When it comes to pain, not everyone responds the same way. New findings are helping to unravel why this is the case. Researchers writing in the current issue of the journal Science report that variations in a single gene significantly affect the function of the brain's natural painkilling system, and may thus account for some of the observed variability in pain tolerance.

Natural pain moderation depends on the activation of a brain cell surface protein called the mu-opioid receptor. When we experience pleasure the brain is flooded with dopamine and the production of chemicals needed to activate the receptor drops off. Jon-Kar Zubieta of the University of Michigan and his colleagues studied the gene that controls the production of catechol-O-methyl transferase (COMT), an enzyme that patrols the brain's interstices, breaking down dopamine and clearing the way for painkilling chemicals to switch on the mu-opioid receptor.

There are two variations, or alleles, of the COMT gene, val and met, and the COMT enzyme they encode differs by one amino acidvaline or methionine, respectively. Everyone has two copies of the gene, one from each parent. Because valine COMT breaks down dopamine more effectively than its methionine counterpart does, Zubietas team surmised that individuals carrying two copies of the val allele would be best able to metabolize dopamine, thereby activating the brain's painkilling system most effectively.

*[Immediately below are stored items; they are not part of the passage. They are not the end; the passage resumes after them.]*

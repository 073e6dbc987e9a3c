-- ===== src/Crypto.antt =====
-- Filen's ciphers and metadata: src/crypto.rs.
pub mod Primitives
pub mod Aes
pub mod MasterKeys
pub mod Rsa
pub mod Metadata
pub mod FileChunk
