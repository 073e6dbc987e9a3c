-- ===== src/Crypto/Primitives.antt =====
-- What src/crypto.rs takes from other crates, its error type and its constants. Each of those crates'
-- functions is deterministic; random bytes are arguments of the functions that draw them.
use Prim.Native.String.{String}
use rust_filen.Base.{ℕ, ◌≤◌, ◌<◌, ◌≡◌, ◌≢◌, [], ◌++◌, Option, some, length, All}
use rust_filen.Base.Int.{ℤ}
use rust_filen.Base.Text.{Bytes, codes}
use rust_filen.Base.Decimal.{ParseIntError}

-- `OPENSSL_SALT_PREFIX`, `OPENSSL_SALT_PREFIX_BASE64` and the lengths.
abbrev pub openssl_salt_prefix : Bytes
openssl_salt_prefix = codes "Salted__"

abbrev pub openssl_salt_prefix_base64 : Bytes
openssl_salt_prefix_base64 = codes "U2FsdGVk"

abbrev pub openssl_salt_length : ℕ
openssl_salt_length = 8

abbrev pub aes_cbc_iv_length : ℕ
aes_cbc_iv_length = 16

abbrev pub aes_cbc_key_length : ℕ
aes_cbc_key_length = 32

abbrev pub aes_gcm_iv_length : ℕ
aes_gcm_iv_length = 12

abbrev pub filen_version_length : ℕ
filen_version_length = 3

-- `crypto::Error`, without the sources that other crates give. A part that is
-- no version is kept as its bytes, where the source replaces what is not UTF-8 in it.
pub data CryptoError : Type 0 where
  aes_cbc_cannot_decipher_data : CryptoError
  aes_gcm_cannot_decipher_data : CryptoError
  aes_gcm_cannot_cipher_data : ℕ → CryptoError
  bad_argument : String → CryptoError
  cannot_decode_base64 : CryptoError
  cannot_parse_filen_metadata_version : Bytes → ParseIntError → CryptoError
  decrypted_metadata_is_not_utf8 : CryptoError
  encrypted_metadata_is_not_utf8 : CryptoError
  rsa_pkcs8_cannot_encrypt_data : CryptoError
  rsa_pkcs8_cannot_decrypt_data : CryptoError
  rsa_cannot_deserialize_private_key : CryptoError
  rsa_cannot_deserialize_public_key : CryptoError
  unsupported_filen_file_version : ℕ → CryptoError
  unsupported_filen_metadata_version : ℤ → CryptoError

-- `evp_kdf n password salt rounds` and `pbkdf2 n password salt rounds` fill `n` bytes; the ciphers
-- take key, IV or nonce, and data.
pub record Ciphers : Type 0 where
  pub evp_kdf : ℕ → Bytes → Bytes → ℕ → Bytes
  pub pbkdf2 : ℕ → Bytes → Bytes → ℕ → Bytes
  pub cbc_encrypt : Bytes → Bytes → Bytes → Bytes
  pub cbc_decrypt : Bytes → Bytes → Bytes → Option Bytes
  pub gcm_encrypt : Bytes → Bytes → Bytes → Option Bytes
  pub gcm_decrypt : Bytes → Bytes → Bytes → Option Bytes
  pub base64_encode : Bytes → Bytes
  pub base64_decode : Bytes → Option Bytes

abbrev pub IsBytes : Bytes → Type 0
IsBytes = All (λ c. c < 256)

abbrev pub IsAscii : Bytes → Type 0
IsAscii = All (λ c. c < 128)

-- What those crates document. `Salted` is two groups of three bytes, which base64 encodes each on its
-- own, as `U2Fs` and `dGVk`; its standard alphabet has no `_`.
pub record IsCiphers (c : Ciphers) : Type 0 where
  pub length-evp_kdf : (n : ℕ) (p s : Bytes) (k : ℕ) → length (c.evp_kdf n p s k) ≡ n
  pub cbc_decrypt-cbc_encrypt :
      (key iv d : Bytes) → c.cbc_decrypt key iv (c.cbc_encrypt key iv d) ≡ some d
  pub cbc_encrypt-IsBytes : (key iv d : Bytes) → IsBytes d → IsBytes (c.cbc_encrypt key iv d)
  pub le-length-cbc_encrypt : (key iv d : Bytes) → 16 ≤ length (c.cbc_encrypt key iv d)
  pub gcm_decrypt-gcm_encrypt :
      (key nonce d m : Bytes)
      → c.gcm_encrypt key nonce d ≡ some m
      → c.gcm_decrypt key nonce m ≡ some d
  pub gcm_encrypt-IsBytes :
      (key nonce d m : Bytes) → IsBytes d → c.gcm_encrypt key nonce d ≡ some m → IsBytes m
  pub gcm_encrypt-ne-nil : (key nonce d m : Bytes) → c.gcm_encrypt key nonce d ≡ some m → m ≢ []
  pub base64_decode-base64_encode :
      (d : Bytes) → IsBytes d → c.base64_decode (c.base64_encode d) ≡ some d
  pub base64_encode-IsAscii : (d : Bytes) → IsBytes d → IsAscii (c.base64_encode d)
  pub base64_encode-ne-nil : (d : Bytes) → d ≢ [] → c.base64_encode d ≢ []
  pub le-length-base64_encode : (d : Bytes) → length d ≤ length (c.base64_encode d)
  pub base64_encode_salted :
      (d : Bytes)
      → IsBytes d
      → (rest : Bytes) × (c.base64_encode (openssl_salt_prefix ++ d)
          ≡ openssl_salt_prefix_base64 ++ rest)
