-- ===== src/Crypto/Aes.antt =====
-- AES in src/crypto.rs: the OpenSSL-compatible framing of AES-CBC, and AES-GCM with its IV in front.
pub mod RoundTrip
use rust_filen.Base.{
  ℕ, ◌+◌, ◌≡◌, List, [], ◌∷◌, ◌++◌, Option, none, some, Bool, Result, ok, err, ltb, leb, ◌==◌,
  if◌then◌else◌, length, take, drop, replicate, ensure, map_ok,
}
use rust_filen.Base.Fallible.{◌>>=◌, ◌>>◌}
use rust_filen.Base.Text.{Bytes, bytes_eq}
use rust_filen.Base.Utf8.{encode_char}
use mathlib.Core.List.{flat_map}
use rust_filen.Crypto.Primitives.{
  Ciphers, CryptoError, bad_argument, aes_cbc_cannot_decipher_data, aes_gcm_cannot_decipher_data,
  aes_gcm_cannot_cipher_data, cannot_decode_base64, openssl_salt_prefix, openssl_salt_length,
  aes_cbc_iv_length, aes_cbc_key_length, aes_gcm_iv_length,
}

-- `utils::bytes_to_binary_string`: each byte as the character with its code.
unfoldable pub bytes_to_binary_string : Bytes → Bytes
unfolding flat_map
bytes_to_binary_string = flat_map encode_char

-- `ok_or` on what another crate returns.
abbrev pub or_err : {A : Type 0} → CryptoError → Option A → Result A CryptoError
or_err e none = err e
or_err e (some a) = ok a

-- `bytes.try_into().unwrap_or([0; n])`
abbrev pub sized : ℕ → Bytes → Bytes
sized n bytes = if length bytes == n then bytes else replicate n 0

module _ (c : Ciphers) where
  unfoldable pub generate_aes_key_and_iv : ℕ → ℕ → ℕ → Option Bytes → Bytes → Bytes × Bytes
  generate_aes_key_and_iv key_length iv_length iterations maybe_salt password =
      let salt : Bytes = elim maybe_salt [ none ↦ [] | some s ↦ s ] in
      let output = c.evp_kdf (key_length + iv_length) password salt iterations in
      (take key_length output, drop key_length output)

  -- `maybe_salt` if it has the right length, and otherwise `drawn`, eight random bytes.
  abbrev pub salt_or : Option Bytes → Bytes → Bytes
  salt_or none drawn = drawn
  salt_or (some user_salt) drawn =
      if length user_salt == openssl_salt_length then user_salt else drawn

  abbrev pub encrypt_aes_cbc_with_key_and_iv : Bytes → Bytes → Bytes → Result Bytes CryptoError
  encrypt_aes_cbc_with_key_and_iv data_ key iv = ok (c.cbc_encrypt key iv data_)

  abbrev pub decrypt_aes_cbc_with_key_and_iv : Bytes → Bytes → Bytes → Result Bytes CryptoError
  decrypt_aes_cbc_with_key_and_iv encrypted key iv =
      or_err aes_cbc_cannot_decipher_data (c.cbc_decrypt key iv encrypted)

  -- The last argument holds the random bytes that a missing salt is filled with.
  unfoldable pub encrypt_aes_openssl :
      Bytes → Bytes → Option Bytes → Bytes → Result Bytes CryptoError
  encrypt_aes_openssl text key maybe_salt drawn = do
    let salt = salt_or maybe_salt drawn
    let (aes_key, iv) =
        generate_aes_key_and_iv aes_cbc_key_length aes_cbc_iv_length 1 (some salt) key
    encrypted ←
        encrypt_aes_cbc_with_key_and_iv text (sized aes_cbc_key_length aes_key)
          (sized aes_cbc_iv_length iv)
    ok (openssl_salt_prefix ++ (salt ++ encrypted))

  -- `salt_and_message_from_aes_openssl_encrypted_data`
  unfoldable pub salt_and_message : Bytes → ℕ → Result (Bytes × Bytes) CryptoError
  salt_and_message encrypted salt_length = do
    let message_index = length openssl_salt_prefix + salt_length
    ensure (leb message_index (length encrypted))
        (bad_argument "encrypted data is too small to contain OpenSSL-compatible salt")
    let salt_with_prefix = take message_index encrypted
    ensure (bytes_eq (take (length openssl_salt_prefix) salt_with_prefix) openssl_salt_prefix)
        (bad_argument "encrypted data does not contain OpenSSL salt prefix")
    ok (drop (length openssl_salt_prefix) salt_with_prefix, drop message_index encrypted)

  unfoldable pub decrypt_aes_openssl : Bytes → Bytes → Result Bytes CryptoError
  decrypt_aes_openssl encrypted key = do
    (salt, message) ← salt_and_message encrypted openssl_salt_length
    let (aes_key, iv) =
        generate_aes_key_and_iv aes_cbc_key_length aes_cbc_iv_length 1 (some salt) key
    decrypt_aes_cbc_with_key_and_iv message (sized aes_cbc_key_length aes_key)
        (sized aes_cbc_iv_length iv)

  -- `derive_key_from_password_generic` on a buffer of `n` bytes.
  unfoldable pub derive_key_from_password : ℕ → Bytes → Bytes → ℕ → Bytes
  derive_key_from_password n password salt iterations =
      c.pbkdf2 n password salt (if iterations == 0 then 200000 else iterations)

  -- `derive_key_from_password_512` and `derive_key_from_password_256`
  unfoldable pub derive_key_from_password_512 : Bytes → Bytes → ℕ → Bytes
  unfolding derive_key_from_password
  derive_key_from_password_512 = derive_key_from_password 64

  unfoldable pub derive_key_from_password_256 : Bytes → Bytes → ℕ → Bytes
  unfolding derive_key_from_password
  derive_key_from_password_256 = derive_key_from_password 32

  -- `iv` is the random alphanumeric text of twelve characters that the function draws.
  unfoldable pub encrypt_aes_gcm : Bytes → Bytes → Bytes → Result (Bytes × Bytes) CryptoError
  encrypt_aes_gcm text key iv = do
    let derived_key = derive_key_from_password_256 key key 1
    encrypted ←
        or_err (aes_gcm_cannot_cipher_data (length text)) (c.gcm_encrypt derived_key iv text)
    ok (iv, encrypted)

  unfoldable pub encrypt_aes_gcm_base64 : Bytes → Bytes → Bytes → Result Bytes CryptoError
  encrypt_aes_gcm_base64 text key drawn = do
    (iv, encrypted) ← encrypt_aes_gcm text key drawn
    ok (iv ++ c.base64_encode encrypted)

  unfoldable pub encrypt_aes_gcm_bstr : Bytes → Bytes → Bytes → Result Bytes CryptoError
  encrypt_aes_gcm_bstr text key drawn = do
    (iv, encrypted) ← encrypt_aes_gcm text key drawn
    ok (iv ++ bytes_to_binary_string encrypted)

  unfoldable pub extract_aes_gcm_iv_and_message : Bytes → Result (Bytes × Bytes) CryptoError
  extract_aes_gcm_iv_and_message encrypted = do
    ensure (ltb aes_gcm_iv_length (length encrypted))
        (bad_argument "encrypted data is too small to contain AES GCM IV")
    ok (take aes_gcm_iv_length encrypted, drop aes_gcm_iv_length encrypted)

  unfoldable pub decrypt_aes_gcm_from_iv_and_bytes :
      Bytes → Bytes → Bytes → Result Bytes CryptoError
  decrypt_aes_gcm_from_iv_and_bytes key iv encrypted =
      or_err aes_gcm_cannot_decipher_data
        (c.gcm_decrypt (derive_key_from_password_256 key key 1) iv encrypted)

  unfoldable pub decrypt_aes_gcm_base64 : Bytes → Bytes → Result Bytes CryptoError
  decrypt_aes_gcm_base64 text key = do
    (iv, encrypted_base64) ← extract_aes_gcm_iv_and_message text
    encrypted ← or_err cannot_decode_base64 (c.base64_decode encrypted_base64)
    decrypt_aes_gcm_from_iv_and_bytes key iv encrypted

  unfoldable pub decrypt_aes_gcm : Bytes → Bytes → Result Bytes CryptoError
  decrypt_aes_gcm text key = do
    (iv, encrypted) ← extract_aes_gcm_iv_and_message text
    decrypt_aes_gcm_from_iv_and_bytes key iv encrypted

To test that hypothesis, the researchers conducted brain scans on volunteers while injecting salt water into their jaw muscles, mimicking a painful condition known as temporomandibular joint disorder. As predicted, subjects possessing two copies of met were far less tolerant of the pain caused by the injections than those with two val alleles; those carrying one of each fell in the middle. Last week, at the annual meeting of the American Association for the Advancement of Science in Denver, Colo., Zubieta presented preliminary data suggesting that the painkilling system of women is further affected by monthly variations in estrogen. When estrogen levels are lower, he believes, the brain is less able to subdue pain. "All of this work is helping tell us how important individual differences are in the experience of pain and other significant stressors," Zubieta comments. "Our findings and those of other groups underlie the need to think about pain, particularly prolonged or sustained pain, as the result of complex interfaces between injury and our own capacity to regulate its severity and significance."